Well, just have a look at this 1D NMR spectrum of a protein:
As you can see, 1D protein spectra are far too complex for interpretation as most of the signals overlap heavily. By the introduction of additional spectral dimensions these spectra are simplified and some extra information is obtained. The invention of multidimensional spectra was the major leap in NMR spectroscopy apart from the introduction of FT-NMR. Consequently, both techniques were acknowledged by a nobel prize.
Anatomy of a 2D experiment:
The construction of a 2D experiment is simple: In addition to preparation and detection which are already known from 1D experiments the 2D experiment has an indirect evolution time t1 and a mixing sequence. This scheme can be viewed as:
After preparation the spins can precess freely for a given time t1. During this time the magnetization is labelled with the chemical shift of the first nucleus. During the mixing time magnetization is then transferred from the first nucleus to a second one. Mixing sequences utilize two mechanisms for magnetization transfer: scalar coupling or dipolar interaction (NOE). Data are acquired at the end of the experiment (detection, often called direct evolution time); during this time the magnetization is labelled with the chemical shift of the second nucleus.

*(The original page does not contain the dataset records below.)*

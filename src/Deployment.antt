-- ===== src/Deployment.antt =====
-- The three programs together: keygen/main.cc writes a pair of keys where central_server/main.cpp and
-- client_test/main.cpp look for them, the two start, and their session runs.
use packet_distribution_syst.Prelude.{
  ℕ, ◌<◌, ◌≡◌, ◌≢◌, ◌⊎◌, ap, ◌∙◌, true, false, none, some, [], ◌∷◌,
}
use packet_distribution_syst.Archive.{Bytes}
use packet_distribution_syst.Packets.Crypto.{Crypto, IsKeyAgreement, IsKeyPair}
use packet_distribution_syst.Files.{FileSystem}
use packet_distribution_syst.Files.Laws.{IsLawful}
use packet_distribution_syst.Common.ReadKey.{Location}
use packet_distribution_syst.Keygen.Merged.Contents.{lines, private_of, public_of}
use packet_distribution_syst.Keygen.Command as Keygen
use packet_distribution_syst.Keygen.Command.{VariablesMap, Ecdsa, override, finished}
use packet_distribution_syst.Keygen.Command.Generated.{AreKeyPairs, pairs_from}
use packet_distribution_syst.Keygen.Command.IntoOne.{main_merged}
use packet_distribution_syst.Keygen.Command.Options.{
  secp256k1, opt_help, opt_curve, opt_amount, opt_force, opt_merge, opt_private_merged,
  opt_public_merged,
}
use packet_distribution_syst.Server.Connections.{construct}
use packet_distribution_syst.Server.Encryption.{Draws}
use packet_distribution_syst.Server.Start as ServerStart
use packet_distribution_syst.Server.Start.{private_key_pem, port, serving}
use packet_distribution_syst.Server.Start.Serving.{main_serves}
use packet_distribution_syst.Client.Start as ClientStart
use packet_distribution_syst.Client.Start.{public_key_pem, new_session, running}
use packet_distribution_syst.Client.Start.Running.{main_runs}
use packet_distribution_syst.Exchange.{Network, run_network, connected_network}
use packet_distribution_syst.Exchange.Schedule.{Schedule, IsFair, turns}
use packet_distribution_syst.Exchange.Liveness.{IsSecured, run_network_progresses}

-- The command line of keygen that makes one pair in the two files.
pub record MakesKeys (vm : VariablesMap) : Type 0 where
  pub no_help : vm.contains opt_help ≡ false
  pub merge : vm.flag opt_merge ≡ some true
  pub private_file : vm.text opt_private_merged ≡ some private_key_pem
  pub public_file : vm.text opt_public_merged ≡ some public_key_pem
  pub amount : vm.number opt_amount ≡ none

-- The two files are different, can be opened, and do not exist or may be overwritten.
pub record CanStore (F : FileSystem) (vm : VariablesMap) (s : F.State) : Type 0 where
  pub distinct : F.path private_key_pem ≢ F.path public_key_pem
  pub open_private : F.can_open s (F.path private_key_pem) ≡ true
  pub open_public : F.can_open s (F.path public_key_pem) ≡ true
  pub allowed :
      (override true (vm.flag opt_force) ≡ true)
      ⊎ ((F.exists s (F.path private_key_pem) ≡ false)
          × (F.exists s (F.path public_key_pem) ≡ false))

module _ (C : Crypto) (E : Ecdsa) where
  -- The signer signs with the key, and the verifier checks with it.
  abbrev pub SignsWith : C.Signer → Bytes → Type 0
  SignsWith signer key =
      (hash : Bytes) (nonce : ℕ) → C.sign_hash signer hash nonce ≡ E.sign_hash key hash nonce

  abbrev pub ChecksWith : C.Verifier → Bytes → Type 0
  ChecksWith verifier key =
      (hash signature : Bytes)
      → C.verify_hash verifier hash signature ≡ E.verify_hash key hash signature

  generated-IsKeyPair :
      AreKeyPairs E
      → (g : E.KeyPairGenerator) (signer : C.Signer) (verifier : C.Verifier)
      → SignsWith signer (E.generate g 0).private_key
      → ChecksWith verifier (E.generate g 0).public_key
      → IsKeyPair C signer verifier
  generated-IsKeyPair pairs g signer verifier signs checks hash nonce =
      checks hash (C.sign_hash signer hash nonce)
      ∙ ap (E.verify_hash (E.generate g 0).public_key hash) (signs hash nonce)
      ∙ pairs g 0 hash nonce

module _ (C : Crypto) (E : Ecdsa) (F : FileSystem) (L : IsLawful F) (location : Location F.FilePath)
    (agreement : IsKeyAgreement C) (pairs : AreKeyPairs E) (server_host : ServerStart.Host C)
    (client_host : ClientStart.Host C) where
  -- Let keygen be called to make one pair in private-key.pem and public-key.pem, two files that it can
  -- write. It ends regularly; then the server's main serves and the client's main runs one session,
  -- both on eight threads, provided that the signer and the verifier made from the two files work
  -- with the keys in them, that the port can be listened on and that the client connects. Along every
  -- order of turns in which each end has a turn again and again, the session comes to where both ends
  -- have the same encryption and the echo of number k is on its way, for every k below 2 ^ 31.
  pub deployed :
      (vm : VariablesMap) (g : E.KeyPairGenerator) (s : F.State)
      → MakesKeys vm
      → E.make_generator (override secp256k1 (vm.text opt_curve)) ≡ some g
      → CanStore F vm s
      → (signer : C.Signer) (verifier : C.Verifier)
      → server_host.new_signer (lines private_of (E.generate g 0 ∷ [])) ≡ some signer
      → client_host.new_verifier (lines public_of (E.generate g 0 ∷ [])) ≡ some verifier
      → SignsWith C E signer (E.generate g 0).private_key
      → ChecksWith C E verifier (E.generate g 0).public_key
      → server_host.listens port ≡ true
      → (socket : ℕ) → client_host.connect 0 ≡ some socket
      → (dh : C.DiffieHellmanHelper) (draws : Draws C.DiffieHellmanHelper) (schedule : Schedule)
      → IsFair schedule
      → (k : ℕ) → k < 0x8000_0000
      → (t : F.State) × (Keygen.main F E (some vm) s ≡ finished t)
        × (ServerStart.main C F location server_host t ≡ serving signer construct 8)
        × (ClientStart.main C F location client_host t ≡ running verifier (new_session socket) [] 8)
        × (n : ℕ) × (m : Network) × (run_network C signer verifier dh draws
              (turns schedule 0 n)
              (connected_network C signer verifier dh draws)
            ≡ some m)
        × IsSecured C signer verifier dh draws m k
  unfolding override pairs_from
  deployed vm g s makes made stores signer verifier new_signer new_verifier signs checks listens
        socket connects dh draws schedule fair k h =
      let (t, ended, private_file, public_file) =
        main_merged F L E pairs vm g s private_key_pem public_key_pem makes.no_help makes.merge
          makes.private_file makes.public_file made stores.distinct stores.open_private
          stores.open_public stores.allowed in
      let keys = generated-IsKeyPair C E pairs g signer verifier signs checks in
      let (n, m, ran, secured) =
        run_network_progresses C signer verifier agreement keys dh draws schedule fair k h in
      (
        t,
        ended,
        main_serves C F location server_host t _ signer
            (private_file
              ∙ ap (λ o. some (lines private_of (pairs_from E g (override 1 o) 0))) makes.amount)
            new_signer listens,
        main_runs C F location client_host t _ verifier socket
            (public_file
              ∙ ap (λ o. some (lines public_of (pairs_from E g (override 1 o) 0))) makes.amount)
            new_verifier connects,
        n,
        m,
        ran,
        secured,
      )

Two dimensional FT yields the 2D spectrum with two frequency axes. If the spectrum is homonuclear (signals of the same isotope (usually 1H) are detected during the two evolution periods) it has a characteristic topology:
A diagonal of signals (A and B) divides the spectrum in two equal halves. Symmetrical to this diagonal, there are more signals (X), called cross signals. The diagonal results from contributions of the magnetization that has not been changed by the mixing sequence (equal frequency in both dimensions) i.e. from contributions which remained on the same nucleus during both evolution times.
The cross signals originate from nuclei that exchanged magnetization during the mixing time (frequencies of the first and second nucleus in each dimension, respectively). They indicate an interaction of these two nuclei. Therefore, the cross signals contain the really important information of 2D NMR spectra.
In the COSY experiment, magnetization is transferred by scalar coupling. Protons that are more than three chemical bonds apart give no cross signal because the 4J coupling constants are close to 0. Therefore, only signals of protons which are two or three bonds apart are visible in a COSY spectrum (red signals). The cross signals between HN and Halpha protons are of special importance because the phi torsion angle of the protein backbone can be derived from the 3J coupling constant between them.
In the TOCSY experiment, magnetization is dispersed over a complete spinsystem of an amino acid by successive scalar coupling. The TOCSY experiment correlates all protons of a spin system. Therefore, not only the red signals are visible (which also appear in a COSY spectrum) but also additional signals (green) which originate from the interaction of all protons of a spin system that are not directly connected via three chemical bonds.
Thus a characteristic pattern of signals results for each amino acid from which the amino acid can be identified. However, some amino acids have identical spin systems and therefore identical signal patterns. They are: cysteine, aspartic acid, phenylalanine, histidine, asparagine, tryptophane and tyrosine ('AMX systems') on the one hand and glutamic acid, glutamine and methionine ('AM(PT)X systems') on the other hand.
The NOESY experiment is crucial for the
determination of protein structure.
It uses the dipolar interaction of spins (the nuclear
Overhauser effect, NOE) for correlation of protons. The
intensity of the NOE is in first approximation propotional to
1/r6, with r being the distance between the protons: The
correlation between two protons depends on the distance between
them, but normally a signal is only observed if their distance
is smaller than 5 Å. The NOESY experiment correlates all protons
which are close enough. It also correlates protons which are
distant in the amino acid sequence but close in space due to
tertiary structure. This is the most important information for
the determination of protein structures.
Here is a
picture of a 2D NOESY spectrum (38 k)
Here is a scheme which shows the several spectral regions in the 2D NOESY (8 k).
The HSQC Experiment:
The most important inverse NMR experiment is the HSQC (heteronuclear single quantum correlation) the pulse sequence of which is shown above. It correlates the nitrogen atom of an NHx group with the directly attached proton. Each signal in a HSQC spectrum represents a proton that is bound to a nitrogen atom.
If you want to see a picture of an HSQC spectrum, here is a 10k GIF picture.
The spectrum contains the signals of the HN protons in the protein backbone. Since there is only one backbone HN per amino acid, each HSQC signal represents one single amino acid. The HSQC also contains signals from the NH2 groups of the side chains of Asn and Gln and of the aromatic HN protons of Trp and His. A HSQC has no diagonal like a homonuclear spectrum, because different nuclei are observed during t1 and t2. An analogous experiment (13C-HSQC) can be performed for 13C and 1H.